Estimation of blood loss after cesarean section and vaginal delivery has low validity with a tendency to exaggeration

Acta Obstetricia et Gynecologica Scandinavica - Tập 85 Số 12 - Trang 1448-1452 - 2006
Christina Larsson1, Sissel Saltvedt, Ingela Wiklund, Sara Pahlen, Ellika Andolf
1Division of Obstetrics and Gynecology, Karolinska Institutet, Danderyd Hospital, Stockholm, Sweden. [email protected]

Tóm tắt

Abstract

Background. Excessive bleeding is one of the major threats to women at childbirth. The aim of this study was to validate estimation of blood loss during delivery. Methods. Bleeding was estimated after 29 elective cesarean sections and 26 vaginal deliveries and compared to blood loss measured by extraction of hemoglobin using the alkaline hematin method, according to Newton. Results. Inter‐individual agreement of estimation showed good results. Estimated loss in comparison with measured loss resulted in an over‐estimation.
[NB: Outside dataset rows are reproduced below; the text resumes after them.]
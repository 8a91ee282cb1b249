-- ===== src/Storefront/StoredProduct.antt =====
-- A product as the hash that the writer stores and the reader parses (`fieldsOf` of
-- src/modules/storefront/db/product-write-repository.ts, and stored-product.ts and product-view.ts
-- of src/modules/storefront/domain/dto).
pub mod Fields
pub mod RoundTrip
use promotion_management_api.Base.{
  ℕ, Bool, true, false, not, ◌||◌, Option, none, some, List, [], ◌∷◌, ◌++◌, if◌then◌else◌, leb,
  ◌==◌,
}
use promotion_management_api.Base.Texts.{Text, codes, text_eq}
use promotion_management_api.Base.Trim.{trim}
use promotion_management_api.Base.Digits.{is_digits, number, to_text, max_safe_integer}
use promotion_management_api.Base.Options.{◌>>=◌, guard}
use promotion_management_api.Storefront.ProductPricer.{ProductEntry}

-- The fields of a hash, as `HSET` takes them and `HGETALL` gives them.
abbrev pub Hash : Type 0
Hash = List (Text × Text)

unfoldable pub field : Text → Hash → Option Text
field key [] = none
field key ((k, v) ∷ rest) = if text_eq k key then some v else field key rest

-- Both or neither.
promotion_fields : Option ℕ → Option Text → Hash
promotion_fields (some id) (some name) =
    (codes "promotionId", to_text id) ∷ (codes "promotionName", name) ∷ []
promotion_fields _ _ = []

version_fields : Option ℕ → Hash
version_fields none = []
version_fields (some version) = (codes "pricingRulesVersion", to_text version) ∷ []

-- `fieldsOf`; `updated_at` is the instant of the token as an ISO text.
unfoldable pub fields_of : ProductEntry → Text → Hash
unfolding promotion_fields version_fields
fields_of entry updated_at =
    (codes "id", to_text entry.id)
    ∷ (codes "sku", entry.sku)
    ∷ (codes "name", entry.name)
    ∷ (codes "category", entry.category)
    ∷ (codes "basePriceCents", to_text entry.base_price_cents)
    ∷ (codes "effectivePriceCents", to_text entry.effective_price_cents)
    ∷ (codes "stockQuantity", to_text entry.stock_quantity)
    ∷ (codes "updatedAt", updated_at)
    ∷ (promotion_fields entry.promotion_id entry.promotion_name
        ++ version_fields entry.pricing_rules_version)

-- `digits`: a text of digits whose number is a safe integer.
unfoldable pub digits : Text → Option ℕ
digits s =
    if is_digits s
    then (if leb (number s) max_safe_integer then some (number s) else none)
    else none

is_empty : Text → Bool
is_empty [] = true
is_empty (c ∷ s) = false

-- `blankIsAbsent`
unfoldable pub blank_is_absent : Option Text → Option Text
unfolding is_empty
blank_is_absent none = none
blank_is_absent (some s) = if is_empty (trim s) then none else some s

pub optional_digits : Option Text → Option (Option ℕ)
optional_digits none = some none
optional_digits (some s) = digits s >>= λ n. some (some n)

pub record StoredProduct : Type 0 where
  pub id : ℕ
  pub sku : Text
  pub name : Text
  pub category : Text
  pub base_price_cents : ℕ
  pub effective_price_cents : ℕ
  pub stock_quantity : ℕ
  pub promotion_id : Option ℕ
  pub promotion_name : Option Text

is_absent {ℓ} : {A : Type ℓ} → Option A → Bool
is_absent none = true
is_absent (some a) = false

-- The first refinement: an id and a name, or neither.
promotion_is_whole : StoredProduct → Bool
unfolding is_absent
promotion_is_whole p =
    if is_absent p.promotion_id
    then is_absent p.promotion_name
    else not (is_absent p.promotion_name)

-- The third: a discounted price names its promotion.
discount_is_named : StoredProduct → Bool
unfolding is_absent
discount_is_named p =
    not (is_absent p.promotion_id) || p.effective_price_cents == p.base_price_cents

-- `storedProduct.parse`; nothing stands for a parse that throws.
unfoldable pub stored_product : Hash → Option StoredProduct
unfolding optional_digits promotion_is_whole discount_is_named
stored_product hash = do
  id ← field (codes "id") hash >>= digits
  sku ← field (codes "sku") hash
  name ← field (codes "name") hash
  category ← field (codes "category") hash
  base ← field (codes "basePriceCents") hash >>= digits
  price ← field (codes "effectivePriceCents") hash >>= digits
  stock ← field (codes "stockQuantity") hash >>= digits
  promotion ← optional_digits (blank_is_absent (field (codes "promotionId") hash))
  let product : StoredProduct = record {
    id = id;
    sku = sku;
    name = name;
    category = category;
    base_price_cents = base;
    effective_price_cents = price;
    stock_quantity = stock;
    promotion_id = promotion;
    promotion_name = blank_is_absent (field (codes "promotionName") hash);
  }
  _ ← guard (promotion_is_whole product)
  _ ← guard (leb price base)
  _ ← guard (discount_is_named product)
  some product

pub record ProductView : Type 0 where
  pub id : ℕ
  pub sku : Text
  pub name : Text
  pub category : Text
  pub base_price_cents : ℕ
  pub effective_price_cents : ℕ
  pub stock_quantity : ℕ
  pub promotion : Option (ℕ × Text)

unfoldable pub promotion_of : Option ℕ → Option Text → Option (ℕ × Text)
promotion_of (some id) (some name) = some (id, name)
promotion_of _ _ = none

-- The transform of `productView`.
unfoldable pub view : StoredProduct → ProductView
unfolding promotion_of
view p = record {
  id = p.id;
  sku = p.sku;
  name = p.name;
  category = p.category;
  base_price_cents = p.base_price_cents;
  effective_price_cents = p.effective_price_cents;
  stock_quantity = p.stock_quantity;
  promotion = promotion_of p.promotion_id p.promotion_name;
}

-- `productView.parse`
unfoldable pub product_view : Hash → Option ProductView
product_view hash = do product ← stored_product hash; some (view product)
In vaginally delivered women, there was no correlation between estimated and measured blood loss (r2 = 0.13), and in women delivered by elective cesarean section, the correlation was moderate (r2 = 0.55). Agreement, according to Bland and Altman, indicated that measured blood loss could vary from 570 ml less to 342 ml more than estimated blood loss. Conclusions. The standard procedure of estimation of obstetric bleeding was found to be unreliable. In this study, blood loss was over‐estimated in cesareans. In vaginal deliveries, there seemed to be no correlation. Estimated blood loss as a quality indicator or as a variable in studies comparing complications must be used with caution. For clinical purposes, estimation of blood loss and measurement of post partum hemoglobin is of low value and may lead to the wrong conclusions.